Colloquialisms and Racism

Ron DeSantis, Republican candidate for Governor of Florida, suggested in an interview shortly after his nomination, that his just-nominated Progressive-Democrat opponent, Tallahassee Mayor Andrew Gillum, would, if elected, monkey up the Florida economy.

Oh, the hue and cry from the Progressive-Democrats, the NLMSM, and from Gillum.  A colloquialism that plainly means to mess with things, or to mess things up, suddenly is a racist bull horn—much more than a dog whistle according to Gillum.

How can this be?  One candidate says another candidate will mess things up, and this is racist!?

Oh, wait—Gillum is black.

Notice that.  Gillum isn’t a political candidate who happens to be a black man; he’s a black man who happens to be a political candidate.

Americans for generations have worked hard to make race irrelevant.  All men are created equal, equal employment, Martin Luther King’s dream, and on and on.

But not anymore.  The Progressive-Democrat, his Party, and the Left in general insist that what’s important here is the man’s race, not his policies.  It’s his race that gives meaning to the colloquialism, not his policies.

This emphasis by the Progressive-Democrat, his Party, and the Left in general on race is rank racist bigotry.  That it’s wholly artificial, done by politicians solely for personal political gain and by pseudo-journalists solely for click bait makes their racism even worse.

Gillum’s cynically artificial racism should disqualify him from public office.

Trust and the FBI

Thomas Baker, a retired FBI agent, had some thoughts in the The Wall Street Journal about how to restore trust in the FBI. Naturally, I have some thoughts on those thoughts.

The centralization of case management at FBI headquarters. According to Florida Rep Matt Gaetz [R], an email from Mr McCabe said that Hillary Clinton would receive an “HQ special”—lenient treatment in the investigation into her handling of classified materials. Mr Wray has tasked Associate Deputy Director Paul Abbate to review how the bureau manages sensitive investigations.

That’s the wrong step. Director Wray needs first to explain why some investigations are more sensitive than others and then to eliminate that dichotomy.  All investigations are sensitive.  Or does Wray think some Americans are more equal than others?

Bad relations with Congress. The FBI needs to re-establish a climate of mutual respect with lawmakers. The “Gang of Eight”—congressional leaders and intelligence committee chiefs—is the time-tested vehicle for sharing sensitive information.

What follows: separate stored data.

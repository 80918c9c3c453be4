-- ===== src/Net/Packets.antt =====
-- kernel/net/net.c: the packets that are sent, and what a packet that arrives is. A packet is its bytes,
-- and one that arrives is in memory from the place 0 on. Buffers from kmalloc are taken to be there.
use peker_os.Common.{
  ℕ, ◌+◌, ◌-◌, ◌*◌, ◌%◌, Bool, true, false, ◌&&◌, ◌||◌, ◌==◌, ltb, if◌then◌else◌, Option, none,
  some, List, [], ◌∷◌, ◌++◌, length,
}
use peker_os.Common.Bytes.{Bytes}
use peker_os.Common.Copy.{copy_to, copy_from}
use peker_os.Net.{htons, load16, load32, store16, calculate_checksum}

pub record Mac : Type 0 where
  pub m0 : ℕ
  pub m1 : ℕ
  pub m2 : ℕ
  pub m3 : ℕ
  pub m4 : ℕ
  pub m5 : ℕ

pub record Ip : Type 0 where
  pub i0 : ℕ
  pub i1 : ℕ
  pub i2 : ℕ
  pub i3 : ℕ

abbrev pub mac_bytes : Mac → List ℕ
mac_bytes a = a.m0 ∷ a.m1 ∷ a.m2 ∷ a.m3 ∷ a.m4 ∷ a.m5 ∷ []

abbrev pub ip_bytes : Ip → List ℕ
ip_bytes a = a.i0 ∷ a.i1 ∷ a.i2 ∷ a.i3 ∷ []

-- `struct udp_socket`, with a callback as a number, `none` for a null pointer.
pub record UdpSocket : Type 0 where
  pub local_port : ℕ
  pub callback : Option ℕ
  pub in_use : Bool

pub record Network : Type 0 where
  pub my_mac : Mac
  pub my_ip : Ip
  pub gateway_mac : Mac
  pub ipv4_id_counter : ℕ
  pub udp_sockets : List UdpSocket

-- The first socket that is not in use is bound.
pub bind_loop : List UdpSocket → ℕ → Option ℕ → Option (List UdpSocket)
bind_loop [] port callback = none
bind_loop (s ∷ ss) port callback =
    let rest = bind_loop ss port callback in
    if s.in_use
    then elim rest [ none ↦ none | some more ↦ some (s ∷ more) ]
    else some (record { local_port = port; callback = callback; in_use = true } ∷ ss)

-- Whether there was a free socket, and the state.
pub udp_bind : Network → ℕ → Option ℕ → Bool × Network
udp_bind n port callback = elim (bind_loop n.udp_sockets port callback) [
  | none ↦ (false, n)
  | some sockets ↦ (true, record n { udp_sockets = sockets })
]

unfoldable pub eth_header : Mac → Mac → ℕ → List ℕ
eth_header dest src type = mac_bytes dest ++ mac_bytes src ++ store16 (htons type)

-- The header of 20 bytes, with the bytes of a checksum.
unfoldable pub ipv4_header : Network → Ip → ℕ → ℕ → List ℕ → List ℕ
ipv4_header n dest_ip protocol payload_len checksum =
    (69 ∷ 0 ∷ [])
    ++ store16 (htons ((20 + payload_len) % 65536))
    ++ store16 (htons n.ipv4_id_counter)
    ++ (0 ∷ 0 ∷ 64 ∷ protocol ∷ [])
    ++ checksum
    ++ ip_bytes n.my_ip
    ++ ip_bytes dest_ip

-- The packet that is sent, and the state.
unfoldable pub net_send_ipv4 : Network → Ip → ℕ → List ℕ → List ℕ × Network
net_send_ipv4 n dest_ip protocol payload =
    let checksum =
      store16 (calculate_checksum (ipv4_header n dest_ip protocol (length payload) (0 ∷ 0 ∷ []))) in
    (
      eth_header n.gateway_mac n.my_mac 2048
          ++ ipv4_header n dest_ip protocol (length payload) checksum
          ++ payload,
      record n { ipv4_id_counter = (n.ipv4_id_counter + 1) % 65536 },
    )

unfoldable pub udp_header : ℕ → ℕ → ℕ → List ℕ
udp_header dest_port src_port udp_len =
    store16 (htons src_port)
    ++ store16 (htons dest_port)
    ++ store16 (htons (udp_len % 65536))
    ++ (0 ∷ 0 ∷ [])

unfoldable pub net_send_udp : Network → Ip → ℕ → ℕ → List ℕ → List ℕ × Network
net_send_udp n dest_ip dest_port src_port payload =
    net_send_ipv4 n dest_ip 17 (udp_header dest_port src_port (8 + length payload) ++ payload)

abbrev pub broadcast_mac : Mac
broadcast_mac = record { m0 = 255; m1 = 255; m2 = 255; m3 = 255; m4 = 255; m5 = 255 }

abbrev pub no_mac : Mac
no_mac = record { m0 = 0; m1 = 0; m2 = 0; m3 = 0; m4 = 0; m5 = 0 }

unfoldable pub net_send_arp_request : Network → Ip → List ℕ
net_send_arp_request n target_ip =
    eth_header broadcast_mac n.my_mac 2054
    ++ store16 (htons 1)
    ++ store16 (htons 2048)
    ++ (6 ∷ 4 ∷ [])
    ++ store16 (htons 1)
    ++ mac_bytes n.my_mac
    ++ ip_bytes n.my_ip
    ++ mac_bytes no_mac
    ++ ip_bytes target_ip

-- What a packet asks of the rest of the kernel: a packet is sent, or the data of UDP go to the sockets,
-- the callbacks called before, or a segment at a place goes to TCP.
pub data Handled : Type 0 where
  nothing : Handled
  sends : List ℕ → Handled
  to_udp : List ℕ → ℕ → ℕ → ℕ → List ℕ → Handled
  to_tcp : ℕ → ℕ → Handled

unfoldable pub mac_at : Bytes → ℕ → Mac
mac_at m a = record {
  m0 = m a;
  m1 = m (a + 1);
  m2 = m (a + 2);
  m3 = m (a + 3);
  m4 = m (a + 4);
  m5 = m (a + 5);
}

unfoldable pub is_ip : Bytes → ℕ → Ip → Bool
is_ip m a ip =
    (m a == ip.i0) && (m (a + 1) == ip.i1) && (m (a + 2) == ip.i2) && (m (a + 3) == ip.i3)

-- The answer is made in the place of the request.
unfoldable pub arp_reply : Network → Bytes → Bytes
arp_reply n m0 =
    let m1 = copy_to m0 0 (copy_from m0 6 6) in
    let m2 = copy_to m1 6 (mac_bytes n.my_mac) in
    let m3 = copy_to m2 20 (store16 (htons 2)) in
    let m4 = copy_to m3 32 (copy_from m3 22 6) in
    let m5 = copy_to m4 38 (copy_from m4 28 4) in
    copy_to (copy_to m5 22 (mac_bytes n.my_mac)) 28 (ip_bytes n.my_ip)

unfoldable pub net_handle_arp : Network → Bytes → Handled × Network
net_handle_arp n m =
    if htons (load16 m 20) == 1
    then ((if is_ip m 38 n.my_ip then sends (copy_from (arp_reply n m) 0 42) else nothing), n)
    else if htons (load16 m 20) == 2
    then (nothing, record n { gateway_mac = mac_at m 22 })
    else (nothing, n)

-- The echo is made in the place of the request; `icmp` is the place of its header.
unfoldable pub icmp_reply : Network → Bytes → ℕ → ℕ → Bytes
icmp_reply n m0 icmp icmp_len =
    let m1 = copy_to (copy_to m0 0 (copy_from m0 6 6)) 6 (mac_bytes n.my_mac) in
    let m2 = copy_to (copy_to m1 30 (copy_from m1 26 4)) 26 (copy_from m1 30 4) in
    let m3 = copy_to m2 24 (0 ∷ 0 ∷ []) in
    let m4 = copy_to m3 24 (store16 (calculate_checksum (copy_from m3 14 (m3 14 % 16 * 4)))) in
    let m5 = copy_to (copy_to m4 icmp (0 ∷ [])) (icmp + 2) (0 ∷ 0 ∷ []) in
    copy_to m5 (icmp + 2) (store16 (calculate_checksum (copy_from m5 icmp icmp_len)))

unfoldable pub net_handle_icmp : Network → Bytes → ℕ → ℕ → Handled
net_handle_icmp n m icmp icmp_len =
    if m icmp == 8
    then sends (copy_from (icmp_reply n m icmp icmp_len) 0 (14 + htons (load16 m 16)))
    else nothing

-- The callbacks of the sockets at a port.
unfoldable pub callbacks_at : List UdpSocket → ℕ → List ℕ
callbacks_at [] port = []
callbacks_at (s ∷ ss) port =
    let rest = callbacks_at ss port in
    if s.in_use && (s.local_port == port)
    then elim s.callback [ none ↦ rest | some callback ↦ callback ∷ rest ]
    else rest

-- The arguments of `socket_dispatch_udp`, with the address in four bytes as a number.
unfoldable pub net_handle_udp : Network → Bytes → ℕ → Handled
net_handle_udp n m udp =
    let dest_port = htons (load16 m (udp + 2)) in
    to_udp (callbacks_at n.udp_sockets dest_port) dest_port (htons (load16 m udp)) (load32 m 26)
      (copy_from m (udp + 8) ((htons (load16 m (udp + 4)) + 65536 - 8) % 65536))

abbrev pub broadcast_ip : Ip
broadcast_ip = record { i0 = 255; i1 = 255; i2 = 255; i3 = 255 }

unfoldable pub net_handle_ipv4 : Network → Bytes → Handled × Network
net_handle_ipv4 n m =
    let n1 = record n { gateway_mac = mac_at m 6 } in
    let header_len = m 14 % 16 * 4 in
    let total_len = htons (load16 m 16) in
    (
      (if is_ip m 30 n.my_ip || is_ip m 30 broadcast_ip
          then (if m 23 == 1
              then net_handle_icmp n1 m (14 + header_len) (total_len - header_len)
              else if m 23 == 17
              then net_handle_udp n1 m (14 + header_len)
              else if m 23 == 6
              then to_tcp (14 + header_len) ((total_len + 65536 - header_len) % 65536)
              else nothing)
          else nothing),
      n1,
    )

unfoldable pub net_handle_packet : Network → Bytes → ℕ → Handled × Network
net_handle_packet n m length =
    if ltb length 14
    then (nothing, n)
    else if htons (load16 m 12) == 2054
    then net_handle_arp n m
    else if htons (load16 m 12) == 2048
    then net_handle_ipv4 n m
    else (nothing, n)

unfoldable pub release_sockets : List UdpSocket → List UdpSocket
release_sockets [] = []
release_sockets (s ∷ ss) = record s { in_use = false } ∷ release_sockets ss

unfoldable pub init_net : Network → Mac → Network
init_net n mac_addr = record n { my_mac = mac_addr; udp_sockets = release_sockets n.udp_sockets }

The bureau should use it.

The only way the Bureau can be trusted to use it is with a 100% turnover of current FBI management.  And with a law requiring the FBI to turn over all materials subpoenaed—without redaction—within [24 hours] of the subpoena being issued.

A dysfunctional Foreign Intelligence Surveillance Act process. House Intelligence Committee Chairman Devin Nunes has said Congress will look at this after the midterm elections. But the FBI and Justice Department need not wait. They should adopt an internal standard to avoid the use of FISA to target an American citizen….

No.  Star Chambers, secretive or otherwise, have no place in a free republic. The FISA courts need to be done away with.  That should be the direction of Nunes’ “look at.”

A lack of emphasis on the Constitution. FBI special agents always have been instructed about the Constitution. But a new category of employee arose after 9/11. Intelligence analysts, who don’t directly interact with citizens in ways that touch on the Constitution’s guarantees, now play a major role in the bureau’s mission.  …  It is imperative that they, too, receive training about the Constitution.

No.  The FBI is a domestic police force, it is not a domestic spy agency.  Intelligence is the purview of the CIA, which already is enjoined (badly; enforcement needs to be stepped up) from domestic spying.  Leave the policing to the police and the spying to the spies.  Where there’s overlap, Congress and the public courts can work the question, Congress in the more general case and the courts on individual cases.

None of this will work though, without a wholesale replacement of FBI management from the middle layers all the way up.  Middle management on up and not just the leadership alluded to above because the cultural failure caused by the FBI’s politically appointed management has gone on for so long that it reaches that deep.  The fastest way to restore the FBI’s culture is to get rid of the current, dysfunctional culture’s practitioners and outright adherents.

It’s true enough that this will entail removal of some good people along with those who’ve failed their duty.  However, the failures within the Bureau are so rampant, wide, and deep that a scalpel cannot meet the task. The situation wants an axe.